Prologue
〜蒼天〜
天には澄み切った春の青空。申し分のない好天気だ。
「いよいよ今日だね」
竹本偲が空を仰いで告げた。
「うん」
学校指定の体操着姿の北原莉奈が、振り向いて笑う。臙脂色の長袖で、白いラインが上着に腕と襟に、ズボンはサイドに入っているシンプルなデザインである。
「やっと約束が叶うの」
「あれ? そんなこと言うと、また敬一パパに反対されるんじゃないの?」
そうからかい顔の親友に莉奈は首を振る。
「大丈夫。

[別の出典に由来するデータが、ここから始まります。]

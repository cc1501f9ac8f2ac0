-- ===== src/Workflow.antt =====
-- src/inbound/workflow_dispatch.rs: which texts of an operator ask for a workflow, and which requests
-- reach the workflow engine. Upper case, JSON, the clock and the answers of ValKey are arguments.
pub mod Whitelist
use Prim.Native.String.{String, ◌++◌}
use geodineum_comms.Prelude.{
  ℕ, ◌==◌, Bool, true, false, not, ◌&&◌, ◌||◌, Option, none, some, List, [], ◌∷◌, ltb, eqb,
  if◌then◌else◌,
}
use geodineum_comms.Prelude.Lists.{append}
use geodineum_comms.Prelude.Dict.{Dict, or_else}
use geodineum_comms.Prelude.Texts.{contains}
use geodineum_comms.Prelude.Chars.{
  trim, split_whitespace, is_alphanumeric, all_codes, is_empty_text, byte_length,
}

abbrev pub allowed_workflow_ids : List String
allowed_workflow_ids =
    "rolling_update" ∷ "backup" ∷ "lockdown" ∷ "unlock" ∷ "restart_service" ∷ "deploy" ∷ []

abbrev pub allowed_param_keys : List String
allowed_param_keys = "scope" ∷ "target" ∷ "service" ∷ []

abbrev pub is_param_code : ℕ → Bool
is_param_code c = is_alphanumeric c || (eqb c b'_' || eqb c b'-')

unfoldable pub is_safe_param_value : String → Bool
is_safe_param_value value =
    if is_empty_text value || ltb 64 (byte_length value)
    then false
    else all_codes is_param_code value

pub record WorkflowIntent : Type 0 where
  pub workflow_id : String
  pub description : String
  pub params : Dict String

pub record WorkflowDispatcher : Type 0 where
  pub workflow_stream : String

unfoldable pub new : String → String → WorkflowDispatcher
new site_id environment = record {
  workflow_stream = "{" ++ site_id ++ "}:gnode:comms:workflows:" ++ environment;
}

abbrev pub intent : String → String → String → String → WorkflowIntent
intent workflow_id description key value = record {
  workflow_id = workflow_id;
  description = description;
  params = (key, value) ∷ [];
}

-- `parts.get(1)`
abbrev pub second_part : List String → Option String
second_part [] = none
second_part (x ∷ []) = none
second_part (x ∷ y ∷ ys) = some y

abbrev pub restart : Option String → Option WorkflowIntent
restart none = none
restart (some service) =
    some (intent "restart_service" ("Restart service: " ++ service) "service" service)

abbrev pub intent_of : List String → Option WorkflowIntent
intent_of [] = none
intent_of (verb ∷ rest) =
    let target = or_else (second_part (verb ∷ rest)) "ALL" in
    if verb == "UPDATE"
    then some (intent "rolling_update" ("Rolling update (scope: " ++ target ++ ")") "scope" target)
    else if verb == "BACKUP"
    then some (intent "backup" ("Backup (target: " ++ target ++ ")") "target" target)
    else if verb == "LOCKDOWN"
    then some (intent "lockdown" ("Security lockdown (target: " ++ target ++ ")") "target" target)
    else if verb == "UNLOCK"
    then some (intent "unlock" ("Release lockdown (target: " ++ target ++ ")") "target" target)
    else if verb == "RESTART"
    then restart (second_part (verb ∷ rest))
    else if verb == "DEPLOY"
    then some (intent "deploy" ("Deploy (target: " ++ target ++ ")") "target" target)
    else none

unfoldable pub recognize_intent : (String → String) → String → Option WorkflowIntent
recognize_intent to_uppercase text = intent_of (split_whitespace (to_uppercase (trim text)))

-- What ValKey, the clock and serde_json give while a request is made: whether a group reads the stream,
-- the error of `XADD`, if it has one, and the JSON of the parameters.
pub record Engine : Type 0 where
  pub has_consumer : Bool
  pub xadd_error : Option String
  pub millis : String
  pub stamp : String
  pub encode : Dict String → String

-- The first parameter that is not allowed.
unfoldable pub rejection : Dict String → Option String
rejection [] = none
rejection ((key, value) ∷ params) =
    let rest = rejection params in
    if not (contains key allowed_param_keys)
    then some ("rejected: workflow param key '" ++ key ++ "' not in whitelist")
    else if not (is_safe_param_value value)
    then some ("rejected: workflow param value for '" ++ key ++ "' contains disallowed characters")
    else rest

-- What `dispatch` gives: an execution id, or why there is none.
pub data Dispatched : Type 0 where
  queued refused : String → Dispatched

-- An entry of the engine's stream.
pub record Request : Type 0 where
  pub stream : String
  pub execution_id : String
  pub workflow_id : String
  pub description : String
  pub params_json : String
  pub operator_id : String
  pub operator_name : String
  pub status : String
  pub ts : String

abbrev pub request_of : WorkflowDispatcher → Engine → WorkflowIntent → String → String → Request
request_of d e i operator_id operator_name = record {
  stream = d.workflow_stream;
  execution_id = "wf-" ++ i.workflow_id ++ "-" ++ e.millis;
  workflow_id = i.workflow_id;
  description = i.description;
  params_json = e.encode i.params;
  operator_id = operator_id;
  operator_name = operator_name;
  status = "pending";
  ts = e.stamp;
}

abbrev pub add_request : Option String → Request → List Request → List Request × Dispatched
add_request none q log = (append log (q ∷ []), queued q.execution_id)
add_request (some error) q log = (log, refused ("Workflow dispatch failed: " ++ error))

abbrev pub request_if :
    Option String
    → WorkflowDispatcher
    → Engine
    → WorkflowIntent
    → String
    → String
    → List Request
    → List Request × Dispatched
request_if (some why) d e i operator_id operator_name log = (log, refused why)
request_if none d e i operator_id operator_name log =
    if e.has_consumer
    then add_request e.xadd_error (request_of d e i operator_id operator_name) log
    else (
      log,
      refused
          "no workflow engine is connected (nothing consumes the workflow stream) — dispatch refused",
    )

unfoldable pub dispatch :
    WorkflowDispatcher
    → Engine
    → WorkflowIntent
    → String
    → String
    → List Request
    → List Request × Dispatched
dispatch d e i operator_id operator_name log =
    if contains i.workflow_id allowed_workflow_ids
    then request_if (rejection i.params) d e i operator_id operator_name log
    else (
      log,
      refused ("rejected: workflow_id '" ++ i.workflow_id ++ "' not in dispatch whitelist"),
    )

unfoldable pub format_dispatch_confirmation : WorkflowIntent → String → String
format_dispatch_confirmation i execution_id =
    "Workflow dispatched: <b>" ++ i.description ++ "</b>\nExecution ID: <code>" ++ execution_id
    ++ "</code>\n\nThe workflow engine will process this and report progress."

もう宿題はすんだから」
「莉奈、今は体育よ。宿題って?」
体操着だと大人びた肢体が余計目立つ。隆起した胸元に集まる男子生徒の視線をものともせず、佐橋美夜がおおぼけをかました。
「体育に宿題があるはずないじゃん。莉奈が歌手になるための宿題だよ」
くすくす笑って偲が言った。
何のことかと一瞬考え込んだ美夜が次の瞬間、納得したように大きく頷いた。
「あれね」
「青少年会館で六時半だからね。美夜ちゃん、ちゃんと来てね」
夜遊びが過ぎる友人に莉奈は言った。